Everything in the data below should be restated word for word.

Material shown Block Start

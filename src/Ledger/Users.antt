-- ===== src/Ledger/Users.antt =====
-- Writing a user back (server/auth.c, server/admin.c, server/dispute.c, server/wallet.c) with the hold
-- as it was keeps the books, and so does a new user.
use online_auction_system.Base.{
  ℕ, suc, ◌+◌, ◌^◌, ◌<◌, ◌≡◌, refl, sym, subst, ◌∙◌, some, arith, ◌==◌, ==_iff, Bool-cases, inl,
  inr, length, length-append, All-set, All-append, All-imp, List, [], ◌∷◌, ◌++◌,
}
use online_auction_system.Base.Money.{+ℤ-zero, pos}
use online_auction_system.Models.{Amount, User, Auction, zero_user}
use online_auction_system.Store.{records, read_at, slot_of}
use online_auction_system.Store.Laws.{
  All-read_at, read_at-replaced, length-replaced, write_at-next_id, append-IsKeyed, read_at-append,
}
use online_auction_system.World.{World}
use online_auction_system.World.FileIo.{read_user, write_user, next_user_id}
use online_auction_system.Wallet.{delta_user, credit_wallet}
use online_auction_system.Wallet.Sound.{
  IsSoundUser, delta_user-IsSoundUser, apply_wallet_delta-cases,
}
use online_auction_system.Wallet.Effect.{user_key, with_user, with_user-ready, write_user-with_user}
use online_auction_system.Ledger.{held, IsSaneAuction, BooksMatch}
use online_auction_system.Ledger.Update.{BooksMatch-files}
use online_auction_system.Ledger.Sums.{held-above}

same_hold : {u v : User} → some u ≡ some v → v.wallet_hold ≡ u.wallet_hold
same_hold e = cc

module _ {w : World} (m : BooksMatch w) (k : ℕ) {u : User} (found : read_user k w ≡ some u) where
  with_user-holds :
      (u' : User)
      → u'.wallet_hold ≡ u.wallet_hold
      → (i : ℕ) (v : User) → read_at (with_user k u' w).users i ≡ some v
      → v.wallet_hold ≡ held (suc i) (records w.auctions)
  with_user-holds u' hold i v e = elim (Bool-cases (i == slot_of k)) [
    | inl same ↦
        let q : some u' ≡ some v =
          rw same at (sym (read_at-replaced w.users (slot_of k) i u' found) ∙ e) in
        let here : i ≡ slot_of k = (==_iff i (slot_of k)).0 same in
        same_hold q ∙ hold ∙ rw here (m.holds (slot_of k) u found)
    | inr other ↦
        let q : read_at w.users i ≡ some v =
          rw other at (sym (read_at-replaced w.users (slot_of k) i u' found) ∙ e) in
        m.holds i v q
  ]

  -- The user is written back with the same id and hold, and a sound wallet.
  pub with_user-BooksMatch :
      (u' : User)
      → u'.user_id ≡ u.user_id
      → u'.wallet_hold ≡ u.wallet_hold
      → IsSoundUser u'
      → BooksMatch (with_user k u' w)
  with_user-BooksMatch u' id hold sound = record {
    users_ready = with_user-ready m.users_ready k found u' id;
    auctions_ready = record {
      keyed = m.auctions_ready.keyed;
      writable = m.auctions_ready.writable;
    };
    sound = All-set IsSoundUser (records w.users) (slot_of k) u' m.sound sound;
    sane = rw (length-replaced w.users (slot_of k) u') m.sane;
    holds = with_user-holds u' hold;
  }

  pub write_user-BooksMatch :
      (u' : User)
      → u'.user_id ≡ u.user_id
      → u'.wallet_hold ≡ u.wallet_hold
      → IsSoundUser u'
      → BooksMatch (write_user u' w).0
  write_user-BooksMatch u' id hold sound =
      subst (λ r. BooksMatch r.0) (sym (write_user-with_user m.users_ready k found u' id))
        (with_user-BooksMatch u' id hold sound)

-- The new record of a change of the balance alone.
delta_user-balance :
    (u u' : User) (b : Amount)
    → IsSoundUser u
    → delta_user u b (pos 0) ≡ some u'
    → (u'.user_id ≡ u.user_id) × (u'.wallet_hold ≡ u.wallet_hold)
unfolding delta_user
delta_user-balance u u' b s e = ground (arith, +ℤ-zero u.wallet_hold)

-- A change of a balance by any amount, positive or negative, keeps the books.
pub credit_wallet-BooksMatch :
    (k : ℕ) (b : Amount) {w : World} → BooksMatch w → BooksMatch (credit_wallet k b w).0
unfolding credit_wallet
credit_wallet-BooksMatch k b {w} m = BooksMatch-files refl refl (
    apply_wallet_delta-cases (λ r. BooksMatch r.0) k b (pos 0) w m
      λ u u' found e.
        let s = All-read_at IsSoundUser w.users (slot_of k) m.sound found in
        let q = delta_user-balance u u' b s e in
        write_user-BooksMatch m k found u' q.0 q.1 (delta_user-IsSoundUser u u' b (pos 0) e))

-- The state with one more user.
abbrev more_users : User → World → World
more_users u w = record w {
  users = record w.users { contents = some (records w.users ++ (u ∷ [])) };
}

sane_more :
    (n : ℕ) (u : User) (us : List User) (a : Auction)
    → length us ≡ n
    → IsSaneAuction n a
    → IsSaneAuction (length (us ++ (u ∷ []))) a
sane_more n u us a e s = omega (arith, length-append us (u ∷ []))

more_users-holds :
    {w : World} (u : User)
    → BooksMatch w
    → u.wallet_hold ≡ pos 0
    → (i : ℕ) (v : User) → read_at (more_users u w).users i ≡ some v
    → v.wallet_hold ≡ held (suc i) (records w.auctions)
more_users-holds {w} u m hold i v e = elim (Bool-cases (i == length (records w.users))) [
  | inl last ↦
      let q : some u ≡ some v =
        rw last at (sym (read_at-append user_key zero_user w.users u i) ∙ e) in
      same_hold q
      ∙ hold
      ∙ sym
          (held-above (suc i) (length (records w.users)) (records w.auctions) m.sane (ground arith))
  | inr other ↦
      let q : read_at w.users i ≡ some v =
        rw other at (sym (read_at-append user_key zero_user w.users u i) ∙ e) in
      m.holds i v q
]

more_users-BooksMatch :
    {w : World} (u : User)
    → BooksMatch w
    → length (records w.users) + 1 < 2 ^ 32
    → u.user_id ≡ next_user_id w
    → u.wallet_hold ≡ pos 0
    → u.wallet_balance ≡ pos 0
    → BooksMatch (more_users u w)
more_users-BooksMatch {w} u m small id hold balance = record {
  users_ready = record {
    keyed = append-IsKeyed user_key zero_user w.users u m.users_ready.keyed small id;
    writable = m.users_ready.writable;
  };
  auctions_ready = record { keyed = m.auctions_ready.keyed; writable = m.auctions_ready.writable };
  sound =
      All-append IsSoundUser (records w.users) (u ∷ []) m.sound
        ((rw hold (omega arith), rw (hold, balance) (omega arith)), tt);
  sane =
      All-imp (IsSaneAuction (length (records w.users)))
        (IsSaneAuction (length (records w.users ++ (u ∷ [])))) (records w.auctions)
        (λ a. sane_more (length (records w.users)) u (records w.users) a refl) m.sane;
  holds = more_users-holds u m hold;
}

-- A new user with an empty wallet.
pub write_user-new :
    {w : World} (u : User)
    → BooksMatch w
    → length (records w.users) + 1 < 2 ^ 32
    → u.user_id ≡ next_user_id w
    → u.wallet_hold ≡ pos 0
    → u.wallet_balance ≡ pos 0
    → BooksMatch (write_user u w).0
write_user-new {w} u m small id hold balance =
    subst (λ r. BooksMatch (record w { users = r.0 }))
      (sym (write_at-next_id user_key zero_user w.users u small id m.users_ready.writable))
      (more_users-BooksMatch u m small id hold balance)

Material shown Block End

== Exercise output ==
filename src/Ledger/Users.antt
-- ===== src/Ledger/Users.antt =====
-- Writing a user back (server/auth.c, server/admin.c, server/dispute.c, server/wallet.c) with the hold
-- as it was keeps the books, and so does a new user.
use online_auction_system.Base.{
  ℕ, suc, ◌+◌, ◌^◌, ◌<◌, ◌≡◌, refl, sym, subst, ◌∙◌, some, arith, ◌==◌, ==_iff, Bool-cases, inl,
  inr, length, length-append, All-set, All-append, All-imp, List, [], ◌∷◌, ◌++◌,
}
use online_auction_system.Base.Money.{+ℤ-zero, pos}
use online_auction_system.Models.{Amount, User, Auction, zero_user}
use online_auction_system.Store.{records, read_at, slot_of}
use online_auction_system.Store.Laws.{
  All-read_at, read_at-replaced, length-replaced, write_at-next_id, append-IsKeyed, read_at-append,
}
use online_auction_system.World.{World}
use online_auction_system.World.FileIo.{read_user, write_user, next_user_id}
use online_auction_system.Wallet.{delta_user, credit_wallet}
use online_auction_system.Wallet.Sound.{
  IsSoundUser, delta_user-IsSoundUser, apply_wallet_delta-cases,
}
use online_auction_system.Wallet.Effect.{user_key, with_user, with_user-ready, write_user-with_user}
use online_auction_system.Ledger.{held, IsSaneAuction, BooksMatch}
use online_auction_system.Ledger.Update.{BooksMatch-files}
use online_auction_system.Ledger.Sums.{held-above}

same_hold : {u v : User} → some u ≡ some v → v.wallet_hold ≡ u.wallet_hold
same_hold e = cc

module _ {w : World} (m : BooksMatch w) (k : ℕ) {u : User} (found : read_user k w ≡ some u) where
  with_user-holds :
      (u' : User)
      → u'.wallet_hold ≡ u.wallet_hold
      → (i : ℕ) (v : User) → read_at (with_user k u' w).users i ≡ some v
      → v.wallet_hold ≡ held (suc i) (records w.auctions)
  with_user-holds u' hold i v e = elim (Bool-cases (i == slot_of k)) [
    | inl same ↦
        let q : some u' ≡ some v =
          rw same at (sym (read_at-replaced w.users (slot_of k) i u' found) ∙ e) in
        let here : i ≡ slot_of k = (==_iff i (slot_of k)).0 same in
        same_hold q ∙ hold ∙ rw here (m.holds (slot_of k) u found)
    | inr other ↦
        let q : read_at w.users i ≡ some v =
          rw other at (sym (read_at-replaced w.users (slot_of k) i u' found) ∙ e) in
        m.holds i v q
  ]

  -- The user is written back with the same id and hold, and a sound wallet.
  pub with_user-BooksMatch :
      (u' : User)
      → u'.user_id ≡ u.user_id
      → u'.wallet_hold ≡ u.wallet_hold
      → IsSoundUser u'
      → BooksMatch (with_user k u' w)
  with_user-BooksMatch u' id hold sound = record {
    users_ready = with_user-ready m.users_ready k found u' id;
    auctions_ready = record {
      keyed = m.auctions_ready.keyed;
      writable = m.auctions_ready.writable;
    };
    sound = All-set IsSoundUser (records w.users) (slot_of k) u' m.sound sound;
    sane = rw (length-replaced w.users (slot_of k) u') m.sane;
    holds = with_user-holds u' hold;
  }

  pub write_user-BooksMatch :
      (u' : User)
      → u'.user_id ≡ u.user_id
      → u'.wallet_hold ≡ u.wallet_hold
      → IsSoundUser u'
      → BooksMatch (write_user u' w).0
  write_user-BooksMatch u' id hold sound =
      subst (λ r. BooksMatch r.0) (sym (write_user-with_user m.users_ready k found u' id))
        (with_user-BooksMatch u' id hold sound)

-- The new record of a change of the balance alone.
delta_user-balance :
    (u u' : User) (b : Amount)
    → IsSoundUser u
    → delta_user u b (pos 0) ≡ some u'
    → (u'.user_id ≡ u.user_id) × (u'.wallet_hold ≡ u.wallet_hold)
unfolding delta_user
delta_user-balance u u' b s e = ground (arith, +ℤ-zero u.wallet_hold)

-- A change of a balance by any amount, positive or negative, keeps the books.
pub credit_wallet-BooksMatch :
    (k : ℕ) (b : Amount) {w : World} → BooksMatch w → BooksMatch (credit_wallet k b w).0
unfolding credit_wallet
credit_wallet-BooksMatch k b {w} m = BooksMatch-files refl refl (
    apply_wallet_delta-cases (λ r. BooksMatch r.0) k b (pos 0) w m
      λ u u' found e.
        let s = All-read_at IsSoundUser w.users (slot_of k) m.sound found in
        let q = delta_user-balance u u' b s e in
        write_user-BooksMatch m k found u' q.0 q.1 (delta_user-IsSoundUser u u' b (pos 0) e))

-- The state with one more user.
abbrev more_users : User → World → World
more_users u w = record w {
  users = record w.users { contents = some (records w.users ++ (u ∷ [])) };
}

sane_more :
    (n : ℕ) (u : User) (us : List User) (a : Auction)
    → length us ≡ n
    → IsSaneAuction n a
    → IsSaneAuction (length (us ++ (u ∷ []))) a
sane_more n u us a e s = omega (arith, length-append us (u ∷ []))

more_users-holds :
    {w : World} (u : User)
    → BooksMatch w
    → u.wallet_hold ≡ pos 0
    → (i : ℕ) (v : User) → read_at (more_users u w).users i ≡ some v
    → v.wallet_hold ≡ held (suc i) (records w.auctions)
more_users-holds {w} u m hold i v e = elim (Bool-cases (i == length (records w.users))) [
  | inl last ↦
      let q : some u ≡ some v =
        rw last at (sym (read_at-append user_key zero_user w.users u i) ∙ e) in
      same_hold q
      ∙ hold
      ∙ sym
          (held-above (suc i) (length (records w.users)) (records w.auctions) m.sane (ground arith))
  | inr other ↦
      let q : read_at w.users i ≡ some v =
        rw other at (sym (read_at-append user_key zero_user w.users u i) ∙ e) in
      m.holds i v q
]

more_users-BooksMatch :
    {w : World} (u : User)
    → BooksMatch w
    → length (records w.users) + 1 < 2 ^ 32
    → u.user_id ≡ next_user_id w
    → u.wallet_hold ≡ pos 0
    → u.wallet_balance ≡ pos 0
    → BooksMatch (more_users u w)
more_users-BooksMatch {w} u m small id hold balance = record {
  users_ready = record {
    keyed = append-IsKeyed user_key zero_user w.users u m.users_ready.keyed small id;
    writable = m.users_ready.writable;
  };
  auctions_ready = record { keyed = m.auctions_ready.keyed; writable = m.auctions_ready.writable };
  sound =
      All-append IsSoundUser (records w.users) (u ∷ []) m.sound
        ((rw hold (omega arith), rw (hold, balance) (omega arith)), tt);
  sane =
      All-imp (IsSaneAuction (length (records w.users)))
        (IsSaneAuction (length (records w.users ++ (u ∷ [])))) (records w.auctions)
        (λ a. sane_more (length (records w.users)) u (records w.users) a refl) m.sane;
  holds = more_users-holds u m hold;
}

-- A new user with an empty wallet.
pub write_user-new :
    {w : World} (u : User)
    → BooksMatch w
    → length (records w.users) + 1 < 2 ^ 32
    → u.user_id ≡ next_user_id w
    → u.wallet_hold ≡ pos 0
    → u.wallet_balance ≡ pos 0
    → BooksMatch (write_user u w).0
write_user-new {w} u m small id hold balance =
    subst (λ r. BooksMatch (record w { users = r.0 }))
      (sym (write_at-next_id user_key zero_user w.users u small id m.users_ready.writable))
      (more_users-BooksMatch u m small id hold balance)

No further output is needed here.